* **Task**
Produce an exact copy of the lines below, starting at the first and ending with the line containing "spills_over : Spillover.select".

* **Data excerpts**
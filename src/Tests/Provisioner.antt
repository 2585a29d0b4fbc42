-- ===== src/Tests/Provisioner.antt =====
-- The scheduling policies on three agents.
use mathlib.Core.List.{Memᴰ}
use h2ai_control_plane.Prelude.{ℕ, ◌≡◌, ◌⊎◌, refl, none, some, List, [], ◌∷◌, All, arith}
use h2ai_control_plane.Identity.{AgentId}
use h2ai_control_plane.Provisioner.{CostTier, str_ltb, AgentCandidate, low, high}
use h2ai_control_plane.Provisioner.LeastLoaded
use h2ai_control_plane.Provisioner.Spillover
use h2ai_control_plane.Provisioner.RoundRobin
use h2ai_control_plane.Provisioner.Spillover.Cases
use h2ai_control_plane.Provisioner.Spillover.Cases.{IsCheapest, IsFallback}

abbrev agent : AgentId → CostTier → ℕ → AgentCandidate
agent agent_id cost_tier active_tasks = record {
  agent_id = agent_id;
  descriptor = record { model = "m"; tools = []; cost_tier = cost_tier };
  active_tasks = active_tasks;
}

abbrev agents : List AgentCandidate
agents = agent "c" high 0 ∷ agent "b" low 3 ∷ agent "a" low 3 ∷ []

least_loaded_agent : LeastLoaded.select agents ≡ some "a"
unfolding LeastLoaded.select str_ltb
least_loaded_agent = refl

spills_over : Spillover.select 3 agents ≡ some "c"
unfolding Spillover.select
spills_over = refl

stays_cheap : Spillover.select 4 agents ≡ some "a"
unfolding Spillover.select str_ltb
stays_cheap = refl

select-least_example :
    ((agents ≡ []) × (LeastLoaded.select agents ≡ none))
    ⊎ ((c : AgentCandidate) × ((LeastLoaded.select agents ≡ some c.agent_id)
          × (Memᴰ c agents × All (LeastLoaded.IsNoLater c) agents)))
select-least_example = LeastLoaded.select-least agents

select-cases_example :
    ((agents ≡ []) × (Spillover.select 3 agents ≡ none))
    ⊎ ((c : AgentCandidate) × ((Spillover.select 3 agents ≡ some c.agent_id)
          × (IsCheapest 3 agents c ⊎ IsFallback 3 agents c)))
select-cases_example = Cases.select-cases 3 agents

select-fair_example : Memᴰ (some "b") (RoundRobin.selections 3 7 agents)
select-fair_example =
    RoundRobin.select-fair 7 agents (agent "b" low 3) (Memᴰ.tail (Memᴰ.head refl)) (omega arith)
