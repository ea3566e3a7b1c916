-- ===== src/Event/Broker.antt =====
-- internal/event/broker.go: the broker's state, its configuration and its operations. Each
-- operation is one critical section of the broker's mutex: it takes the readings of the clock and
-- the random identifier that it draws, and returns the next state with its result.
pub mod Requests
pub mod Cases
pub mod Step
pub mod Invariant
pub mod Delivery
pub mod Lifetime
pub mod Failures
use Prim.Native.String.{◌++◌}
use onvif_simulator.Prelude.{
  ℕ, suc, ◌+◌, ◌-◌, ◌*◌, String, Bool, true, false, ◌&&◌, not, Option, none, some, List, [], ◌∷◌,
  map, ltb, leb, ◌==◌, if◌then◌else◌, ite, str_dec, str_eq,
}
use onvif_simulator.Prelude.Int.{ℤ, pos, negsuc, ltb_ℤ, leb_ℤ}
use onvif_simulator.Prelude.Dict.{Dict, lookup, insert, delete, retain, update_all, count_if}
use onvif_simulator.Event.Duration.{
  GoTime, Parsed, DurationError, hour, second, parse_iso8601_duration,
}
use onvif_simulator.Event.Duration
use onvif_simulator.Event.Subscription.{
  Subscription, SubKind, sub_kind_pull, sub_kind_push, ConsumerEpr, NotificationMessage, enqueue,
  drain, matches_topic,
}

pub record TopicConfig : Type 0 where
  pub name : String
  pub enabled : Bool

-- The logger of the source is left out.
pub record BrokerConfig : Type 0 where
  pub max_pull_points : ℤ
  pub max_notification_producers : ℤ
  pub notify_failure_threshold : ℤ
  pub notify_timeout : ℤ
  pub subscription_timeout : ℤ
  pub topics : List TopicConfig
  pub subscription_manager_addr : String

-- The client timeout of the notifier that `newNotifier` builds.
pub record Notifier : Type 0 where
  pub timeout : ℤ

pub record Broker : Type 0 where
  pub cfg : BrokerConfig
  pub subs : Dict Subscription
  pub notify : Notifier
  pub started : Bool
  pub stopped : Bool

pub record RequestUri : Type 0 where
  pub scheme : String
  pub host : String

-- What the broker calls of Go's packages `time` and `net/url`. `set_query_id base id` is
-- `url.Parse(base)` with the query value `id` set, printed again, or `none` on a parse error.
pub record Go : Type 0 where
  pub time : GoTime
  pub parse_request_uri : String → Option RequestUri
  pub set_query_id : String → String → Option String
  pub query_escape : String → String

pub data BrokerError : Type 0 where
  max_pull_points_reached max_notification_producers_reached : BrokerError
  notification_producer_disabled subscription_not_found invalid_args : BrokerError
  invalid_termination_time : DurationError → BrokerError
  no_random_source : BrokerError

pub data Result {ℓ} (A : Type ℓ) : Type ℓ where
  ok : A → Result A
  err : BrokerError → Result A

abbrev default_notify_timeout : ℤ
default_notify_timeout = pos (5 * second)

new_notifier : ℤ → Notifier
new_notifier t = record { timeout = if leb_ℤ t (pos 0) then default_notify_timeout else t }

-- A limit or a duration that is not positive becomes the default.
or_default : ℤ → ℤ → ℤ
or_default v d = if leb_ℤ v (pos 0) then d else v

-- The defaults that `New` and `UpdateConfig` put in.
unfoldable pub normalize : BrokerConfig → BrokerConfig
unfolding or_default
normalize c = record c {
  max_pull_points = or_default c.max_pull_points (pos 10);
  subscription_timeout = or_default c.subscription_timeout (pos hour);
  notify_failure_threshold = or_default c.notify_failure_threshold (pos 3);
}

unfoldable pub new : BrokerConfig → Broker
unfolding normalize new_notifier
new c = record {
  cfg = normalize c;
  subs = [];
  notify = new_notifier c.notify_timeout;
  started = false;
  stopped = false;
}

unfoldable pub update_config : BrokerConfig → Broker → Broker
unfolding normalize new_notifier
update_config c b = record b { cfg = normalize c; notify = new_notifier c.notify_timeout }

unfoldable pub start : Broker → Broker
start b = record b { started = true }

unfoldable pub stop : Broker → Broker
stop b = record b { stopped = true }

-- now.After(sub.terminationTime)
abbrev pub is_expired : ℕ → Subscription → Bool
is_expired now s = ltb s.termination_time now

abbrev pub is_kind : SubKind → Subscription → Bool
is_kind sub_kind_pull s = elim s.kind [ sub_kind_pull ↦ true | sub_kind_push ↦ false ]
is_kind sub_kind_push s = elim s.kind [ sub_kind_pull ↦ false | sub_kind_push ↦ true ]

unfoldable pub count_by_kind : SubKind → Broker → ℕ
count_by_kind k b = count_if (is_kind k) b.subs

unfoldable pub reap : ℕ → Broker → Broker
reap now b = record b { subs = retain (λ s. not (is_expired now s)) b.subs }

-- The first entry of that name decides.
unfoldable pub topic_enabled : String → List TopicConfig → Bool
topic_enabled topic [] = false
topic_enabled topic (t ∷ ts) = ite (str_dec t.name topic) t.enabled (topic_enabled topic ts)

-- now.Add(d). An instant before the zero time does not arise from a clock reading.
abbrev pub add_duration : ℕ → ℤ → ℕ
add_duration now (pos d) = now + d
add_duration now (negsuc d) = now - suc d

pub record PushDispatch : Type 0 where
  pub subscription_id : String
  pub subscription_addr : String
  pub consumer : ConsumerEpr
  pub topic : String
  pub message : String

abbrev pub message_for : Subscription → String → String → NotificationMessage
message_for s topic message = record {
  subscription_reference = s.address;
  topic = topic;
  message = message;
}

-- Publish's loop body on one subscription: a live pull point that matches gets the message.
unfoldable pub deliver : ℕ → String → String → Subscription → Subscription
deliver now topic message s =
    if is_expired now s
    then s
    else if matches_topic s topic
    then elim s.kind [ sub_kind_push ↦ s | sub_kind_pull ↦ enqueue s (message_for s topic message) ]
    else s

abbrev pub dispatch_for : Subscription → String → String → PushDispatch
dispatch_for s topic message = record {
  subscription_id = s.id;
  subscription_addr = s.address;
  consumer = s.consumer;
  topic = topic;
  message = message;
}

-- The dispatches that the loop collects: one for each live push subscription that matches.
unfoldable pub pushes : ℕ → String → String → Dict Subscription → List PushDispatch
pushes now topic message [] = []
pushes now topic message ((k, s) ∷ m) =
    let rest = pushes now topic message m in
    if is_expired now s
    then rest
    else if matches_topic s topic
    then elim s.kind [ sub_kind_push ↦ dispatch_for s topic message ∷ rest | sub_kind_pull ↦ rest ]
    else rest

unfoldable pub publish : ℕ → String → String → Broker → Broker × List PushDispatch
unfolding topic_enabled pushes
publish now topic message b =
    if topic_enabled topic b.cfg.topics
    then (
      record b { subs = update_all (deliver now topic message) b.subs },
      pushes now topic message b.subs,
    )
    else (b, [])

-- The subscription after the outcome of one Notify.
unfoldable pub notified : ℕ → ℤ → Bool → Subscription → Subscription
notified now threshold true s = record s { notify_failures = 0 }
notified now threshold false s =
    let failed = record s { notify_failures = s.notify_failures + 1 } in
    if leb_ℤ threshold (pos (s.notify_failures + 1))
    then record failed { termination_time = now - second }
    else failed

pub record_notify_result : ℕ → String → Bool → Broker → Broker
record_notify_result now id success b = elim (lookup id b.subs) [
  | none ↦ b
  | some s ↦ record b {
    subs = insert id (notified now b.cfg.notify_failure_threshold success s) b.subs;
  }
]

* **Solution**
filename src/Tests/Provisioner.antt
repository 2585a29d0b4fbc42
-- ===== src/Tests/Provisioner.antt =====
-- The scheduling policies on three agents.
use mathlib.Core.List.{Memᴰ}
use h2ai_control_plane.Prelude.{ℕ, ◌≡◌, ◌⊎◌, refl, none, some, List, [], ◌∷◌, All, arith}
use h2ai_control_plane.Identity.{AgentId}
use h2ai_control_plane.Provisioner.{CostTier, str_ltb, AgentCandidate, low, high}
use h2ai_control_plane.Provisioner.LeastLoaded
use h2ai_control_plane.Provisioner.Spillover
use h2ai_control_plane.Provisioner.RoundRobin
use h2ai_control_plane.Provisioner.Spillover.Cases
use h2ai_control_plane.Provisioner.Spillover.Cases.{IsCheapest, IsFallback}

abbrev agent : AgentId → CostTier → ℕ → AgentCandidate
agent agent_id cost_tier active_tasks = record {
  agent_id = agent_id;
  descriptor = record { model = "m"; tools = []; cost_tier = cost_tier };
  active_tasks = active_tasks;
}

abbrev agents : List AgentCandidate
agents = agent "c" high 0 ∷ agent "b" low 3 ∷ agent "a" low 3 ∷ []

least_loaded_agent : LeastLoaded.select agents ≡ some "a"
unfolding LeastLoaded.select str_ltb
least_loaded_agent = refl

spills_over : Spillover.select 3 agents ≡ some "c"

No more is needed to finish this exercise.